**EXTRACTED ENTRIES:**
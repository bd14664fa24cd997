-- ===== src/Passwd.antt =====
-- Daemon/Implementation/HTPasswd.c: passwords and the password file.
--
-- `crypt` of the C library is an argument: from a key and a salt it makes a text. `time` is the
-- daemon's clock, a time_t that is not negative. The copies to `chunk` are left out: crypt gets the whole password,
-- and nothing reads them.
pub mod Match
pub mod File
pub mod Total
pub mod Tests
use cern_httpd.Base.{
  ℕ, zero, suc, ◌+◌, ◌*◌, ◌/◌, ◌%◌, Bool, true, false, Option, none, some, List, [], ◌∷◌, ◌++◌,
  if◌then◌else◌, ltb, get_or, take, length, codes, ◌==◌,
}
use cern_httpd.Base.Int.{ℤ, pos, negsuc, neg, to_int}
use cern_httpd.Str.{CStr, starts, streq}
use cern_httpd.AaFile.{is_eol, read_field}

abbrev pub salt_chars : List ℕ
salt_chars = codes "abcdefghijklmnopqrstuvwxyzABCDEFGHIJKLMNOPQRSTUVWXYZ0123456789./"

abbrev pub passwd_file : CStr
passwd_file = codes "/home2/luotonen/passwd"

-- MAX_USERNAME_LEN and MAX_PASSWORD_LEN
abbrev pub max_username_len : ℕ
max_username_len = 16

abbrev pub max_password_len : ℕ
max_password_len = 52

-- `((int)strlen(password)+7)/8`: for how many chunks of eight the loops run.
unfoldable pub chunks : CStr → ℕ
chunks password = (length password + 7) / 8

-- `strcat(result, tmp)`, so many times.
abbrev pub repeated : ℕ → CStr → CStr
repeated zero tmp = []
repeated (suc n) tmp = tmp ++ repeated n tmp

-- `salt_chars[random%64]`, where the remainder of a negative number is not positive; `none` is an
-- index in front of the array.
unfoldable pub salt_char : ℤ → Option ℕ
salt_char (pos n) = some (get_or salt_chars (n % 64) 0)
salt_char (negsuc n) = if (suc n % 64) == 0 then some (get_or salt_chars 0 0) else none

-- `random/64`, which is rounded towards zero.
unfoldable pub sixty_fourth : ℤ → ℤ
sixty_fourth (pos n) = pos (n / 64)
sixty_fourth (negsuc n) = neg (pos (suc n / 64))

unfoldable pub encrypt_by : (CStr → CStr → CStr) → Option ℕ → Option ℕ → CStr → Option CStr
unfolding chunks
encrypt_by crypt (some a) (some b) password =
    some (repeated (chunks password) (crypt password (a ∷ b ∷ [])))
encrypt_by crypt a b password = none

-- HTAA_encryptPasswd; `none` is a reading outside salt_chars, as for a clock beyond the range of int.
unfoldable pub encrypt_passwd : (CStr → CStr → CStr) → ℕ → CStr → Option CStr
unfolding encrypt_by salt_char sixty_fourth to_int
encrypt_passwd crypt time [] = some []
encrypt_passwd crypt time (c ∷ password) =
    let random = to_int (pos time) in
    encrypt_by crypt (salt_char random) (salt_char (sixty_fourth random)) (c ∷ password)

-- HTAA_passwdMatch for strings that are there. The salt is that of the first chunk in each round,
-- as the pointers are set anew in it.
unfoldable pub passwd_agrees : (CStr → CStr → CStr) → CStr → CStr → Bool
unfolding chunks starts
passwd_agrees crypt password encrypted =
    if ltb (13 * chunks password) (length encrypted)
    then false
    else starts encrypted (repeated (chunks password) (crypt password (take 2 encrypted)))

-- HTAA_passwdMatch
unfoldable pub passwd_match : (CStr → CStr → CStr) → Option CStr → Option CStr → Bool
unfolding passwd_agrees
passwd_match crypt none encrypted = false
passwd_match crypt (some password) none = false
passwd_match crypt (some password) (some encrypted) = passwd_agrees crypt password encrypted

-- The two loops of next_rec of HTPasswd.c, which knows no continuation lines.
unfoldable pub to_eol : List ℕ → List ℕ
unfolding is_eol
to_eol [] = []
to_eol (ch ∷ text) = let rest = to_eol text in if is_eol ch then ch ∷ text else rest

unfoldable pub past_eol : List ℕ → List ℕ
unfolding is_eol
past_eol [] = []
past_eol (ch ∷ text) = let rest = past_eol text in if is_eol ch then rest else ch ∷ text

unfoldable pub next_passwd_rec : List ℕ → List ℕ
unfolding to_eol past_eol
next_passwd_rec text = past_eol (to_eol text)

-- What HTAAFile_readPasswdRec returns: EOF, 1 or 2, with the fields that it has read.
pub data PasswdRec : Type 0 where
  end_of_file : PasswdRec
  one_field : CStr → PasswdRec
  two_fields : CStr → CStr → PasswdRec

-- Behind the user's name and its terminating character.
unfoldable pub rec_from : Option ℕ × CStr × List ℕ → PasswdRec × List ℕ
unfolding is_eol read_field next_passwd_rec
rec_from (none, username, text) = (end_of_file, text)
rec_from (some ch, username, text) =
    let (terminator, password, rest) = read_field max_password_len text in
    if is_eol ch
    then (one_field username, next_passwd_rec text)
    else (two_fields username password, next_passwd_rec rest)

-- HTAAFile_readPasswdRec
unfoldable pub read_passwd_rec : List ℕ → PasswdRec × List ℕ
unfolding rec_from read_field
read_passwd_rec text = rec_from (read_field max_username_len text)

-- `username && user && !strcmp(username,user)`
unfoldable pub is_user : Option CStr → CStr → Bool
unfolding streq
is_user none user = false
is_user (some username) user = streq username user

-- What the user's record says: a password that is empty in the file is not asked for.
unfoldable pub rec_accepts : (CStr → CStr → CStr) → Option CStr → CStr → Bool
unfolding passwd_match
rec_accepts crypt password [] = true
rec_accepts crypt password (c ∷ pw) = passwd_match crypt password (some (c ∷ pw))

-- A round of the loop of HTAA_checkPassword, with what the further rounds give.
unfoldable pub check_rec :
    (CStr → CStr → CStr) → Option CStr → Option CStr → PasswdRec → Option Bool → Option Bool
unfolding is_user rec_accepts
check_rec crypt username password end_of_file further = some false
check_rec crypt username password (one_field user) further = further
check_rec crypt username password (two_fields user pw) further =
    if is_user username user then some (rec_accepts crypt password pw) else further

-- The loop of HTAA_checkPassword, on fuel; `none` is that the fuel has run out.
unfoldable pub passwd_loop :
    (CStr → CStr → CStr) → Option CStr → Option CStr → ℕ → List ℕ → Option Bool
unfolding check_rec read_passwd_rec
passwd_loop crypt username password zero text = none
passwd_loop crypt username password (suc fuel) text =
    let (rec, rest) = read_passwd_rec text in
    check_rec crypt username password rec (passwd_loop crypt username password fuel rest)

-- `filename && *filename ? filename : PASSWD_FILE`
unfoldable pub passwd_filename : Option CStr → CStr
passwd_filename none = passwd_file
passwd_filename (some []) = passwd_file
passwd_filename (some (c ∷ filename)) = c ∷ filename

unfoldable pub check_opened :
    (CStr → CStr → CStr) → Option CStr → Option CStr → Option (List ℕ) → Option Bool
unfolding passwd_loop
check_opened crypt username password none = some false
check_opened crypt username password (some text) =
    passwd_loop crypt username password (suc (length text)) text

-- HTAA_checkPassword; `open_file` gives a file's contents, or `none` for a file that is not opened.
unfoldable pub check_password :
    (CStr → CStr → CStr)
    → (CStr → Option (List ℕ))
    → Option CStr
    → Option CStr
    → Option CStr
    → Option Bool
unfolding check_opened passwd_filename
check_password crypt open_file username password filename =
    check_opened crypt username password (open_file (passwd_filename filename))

---

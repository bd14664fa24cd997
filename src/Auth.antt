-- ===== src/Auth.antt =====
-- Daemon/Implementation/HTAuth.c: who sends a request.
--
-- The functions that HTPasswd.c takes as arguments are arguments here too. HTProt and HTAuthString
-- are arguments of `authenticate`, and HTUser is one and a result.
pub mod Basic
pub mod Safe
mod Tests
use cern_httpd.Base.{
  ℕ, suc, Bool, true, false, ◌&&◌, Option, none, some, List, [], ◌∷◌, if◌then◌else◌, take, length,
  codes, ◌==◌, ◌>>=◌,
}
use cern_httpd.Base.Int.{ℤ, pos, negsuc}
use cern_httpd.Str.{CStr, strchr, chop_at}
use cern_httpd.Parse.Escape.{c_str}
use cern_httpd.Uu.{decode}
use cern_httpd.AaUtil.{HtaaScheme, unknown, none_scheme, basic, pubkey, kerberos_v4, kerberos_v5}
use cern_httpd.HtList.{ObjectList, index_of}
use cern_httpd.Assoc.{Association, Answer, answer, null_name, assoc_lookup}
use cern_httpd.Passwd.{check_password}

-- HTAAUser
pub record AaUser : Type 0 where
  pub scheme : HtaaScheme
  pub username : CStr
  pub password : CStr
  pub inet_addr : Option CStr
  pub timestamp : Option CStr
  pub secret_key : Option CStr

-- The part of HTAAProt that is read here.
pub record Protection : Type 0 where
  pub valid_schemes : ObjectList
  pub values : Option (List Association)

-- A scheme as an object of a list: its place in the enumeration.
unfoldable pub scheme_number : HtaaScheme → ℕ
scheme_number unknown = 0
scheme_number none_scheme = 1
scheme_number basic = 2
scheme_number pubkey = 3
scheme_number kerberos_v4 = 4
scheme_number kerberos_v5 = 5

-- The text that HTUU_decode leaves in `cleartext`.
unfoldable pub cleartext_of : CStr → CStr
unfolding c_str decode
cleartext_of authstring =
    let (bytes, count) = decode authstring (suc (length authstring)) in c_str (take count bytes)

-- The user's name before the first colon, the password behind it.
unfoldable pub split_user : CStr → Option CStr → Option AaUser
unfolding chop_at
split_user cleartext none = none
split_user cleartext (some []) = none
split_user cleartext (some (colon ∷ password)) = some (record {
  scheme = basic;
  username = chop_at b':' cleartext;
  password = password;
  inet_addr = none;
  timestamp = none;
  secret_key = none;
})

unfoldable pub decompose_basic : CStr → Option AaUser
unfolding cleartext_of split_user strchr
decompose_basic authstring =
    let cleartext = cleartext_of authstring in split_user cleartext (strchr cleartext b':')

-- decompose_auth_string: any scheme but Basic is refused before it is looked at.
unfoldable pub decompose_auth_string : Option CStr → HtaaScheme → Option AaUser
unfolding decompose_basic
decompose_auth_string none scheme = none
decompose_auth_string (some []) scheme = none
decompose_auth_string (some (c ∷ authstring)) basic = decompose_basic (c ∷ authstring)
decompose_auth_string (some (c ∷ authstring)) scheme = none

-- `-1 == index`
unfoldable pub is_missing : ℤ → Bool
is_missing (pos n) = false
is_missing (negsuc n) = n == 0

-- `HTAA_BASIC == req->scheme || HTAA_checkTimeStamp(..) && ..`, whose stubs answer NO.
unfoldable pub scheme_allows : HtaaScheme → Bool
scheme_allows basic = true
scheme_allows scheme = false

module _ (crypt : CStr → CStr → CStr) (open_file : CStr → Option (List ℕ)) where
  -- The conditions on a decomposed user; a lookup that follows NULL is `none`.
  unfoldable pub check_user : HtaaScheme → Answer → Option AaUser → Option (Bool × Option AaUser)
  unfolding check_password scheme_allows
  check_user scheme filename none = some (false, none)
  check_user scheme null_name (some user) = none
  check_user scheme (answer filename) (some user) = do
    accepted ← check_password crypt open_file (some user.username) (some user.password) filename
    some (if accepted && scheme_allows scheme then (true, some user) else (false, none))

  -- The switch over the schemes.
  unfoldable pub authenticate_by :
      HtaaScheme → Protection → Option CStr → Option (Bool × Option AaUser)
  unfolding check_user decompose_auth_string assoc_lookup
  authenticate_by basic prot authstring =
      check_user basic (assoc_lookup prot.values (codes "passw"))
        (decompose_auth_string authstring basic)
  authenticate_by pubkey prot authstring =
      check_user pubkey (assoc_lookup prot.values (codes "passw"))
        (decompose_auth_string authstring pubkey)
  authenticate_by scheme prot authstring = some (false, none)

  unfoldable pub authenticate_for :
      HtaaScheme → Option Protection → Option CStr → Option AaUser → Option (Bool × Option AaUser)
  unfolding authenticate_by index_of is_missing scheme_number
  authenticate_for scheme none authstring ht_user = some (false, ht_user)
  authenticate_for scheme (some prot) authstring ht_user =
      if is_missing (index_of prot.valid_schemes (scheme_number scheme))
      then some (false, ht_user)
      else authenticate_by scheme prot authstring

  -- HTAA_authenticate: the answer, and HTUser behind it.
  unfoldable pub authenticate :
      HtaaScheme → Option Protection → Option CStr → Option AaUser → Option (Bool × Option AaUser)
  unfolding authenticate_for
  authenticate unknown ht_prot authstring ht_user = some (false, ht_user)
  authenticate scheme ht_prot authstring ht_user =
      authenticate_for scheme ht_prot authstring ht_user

**TRY IT:** Search the records for the string "unknown" and return every line in which it occurs.

**RESPONSE TO THIS EXERCISE:**
use cern_httpd.AaUtil.{HtaaScheme, unknown, none_scheme, basic, pubkey, kerberos_v4, kerberos_v5}
scheme_number unknown = 0
  authenticate unknown ht_prot authstring ht_user = some (false, ht_user)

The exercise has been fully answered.